Bathing in the culture
Clark is also taking an expansive approach to her book about France and communist China after 1949. Some scholarly work in this area has focused on left-wing French intellectuals affiliated with the journal Tel Quel, which endorsed Maoism in the 1970s. Some of those figures, including essayist Roland Barthes and scholar Julia Kristeva, even made a high-profile mid-1970s trip to China, before eventually splitting with Maoism.
Clark is not ignoring those thinkers, but her book has a wider lens, examining perceptions of China in popular culture, transmitted through many cultural artifacts.
“It will tell us about the culture that they are bathing in, and about political engagement by many types of people,” Clark says.
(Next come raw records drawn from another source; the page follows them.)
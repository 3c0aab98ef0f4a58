-- ===== src/Zk/Zoo.antt =====
-- What src/zk/connection_zk.cpp takes from <zookeeper/zookeeper.h>: its constants, as a parameter, and
-- the structures that it passes.
use zookeeper_cpp.Base.{ℤ, List, ◌≡◌, ◌≢◌, Bytes}
use zookeeper_cpp.Error.Code
use zookeeper_cpp.Types.State

pub record Zoo : Type 0 where
  pub operation_timeout : ℤ
  pub connection_loss : ℤ
  pub invalid_callback : ℤ
  pub invalid_acl : ℤ
  pub bad_arguments : ℤ
  pub session_moved : ℤ
  pub not_connected_state : ℤ
  pub connecting_state : ℤ
  pub associating_state : ℤ

-- Documented facts: two codes and a state have the value of the enumerator that stands for them, and
-- no code that is translated is `ZOK`.
pub record IsDocumented (zoo : Zoo) : Type 0 where
  pub loss_is : zoo.connection_loss ≡ Code.connection_loss
  pub arguments_is : zoo.bad_arguments ≡ Code.invalid_arguments
  pub connecting_is : zoo.connecting_state ≡ State.connecting
  pub timeout_ne_ok : zoo.operation_timeout ≢ Code.ok
  pub callback_ne_ok : zoo.invalid_callback ≢ Code.ok
  pub acl_ne_ok : zoo.invalid_acl ≢ Code.ok
  pub moved_ne_ok : zoo.session_moved ≢ Code.ok

-- `struct Stat`.
pub record RawStat : Type 0 where
  pub czxid : ℤ
  pub mzxid : ℤ
  pub ctime : ℤ
  pub mtime : ℤ
  pub version : ℤ
  pub cversion : ℤ
  pub aversion : ℤ
  pub ephemeral_owner : ℤ
  pub data_length : ℤ
  pub num_children : ℤ
  pub pzxid : ℤ

-- `struct ACL`, its `struct Id` included.
pub record RawAcl : Type 0 where
  pub perms : ℤ
  pub scheme : Bytes
  pub id : Bytes

-- `struct ACL_vector`.
pub record RawAclVector : Type 0 where
  pub count : ℤ
  pub items : List RawAcl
That includes a study of the photos of Cartier-Bresson, film projects, and, yes, even Mao jackets, a true item from the 1970s time capsule that was re-exported to the world by La Compagnie Française de l’Orient et de la Chine, a Parisian operation founded by businessman François Dautresme.
“If you want your straw hat or your Mao jacket, you’re buying it from Bloomingdale’s, who bought it from François Dautresme,” Clark says.
All of this, Clark emphasizes, is bound up with the fact that France, with its colonies liberating themselves, was “trying to position itself as a third way between communism and the U.S … and trying to compensate for its diminishing role in the world.”
To truly understand visual culture, after all, it helps to have the bigger picture.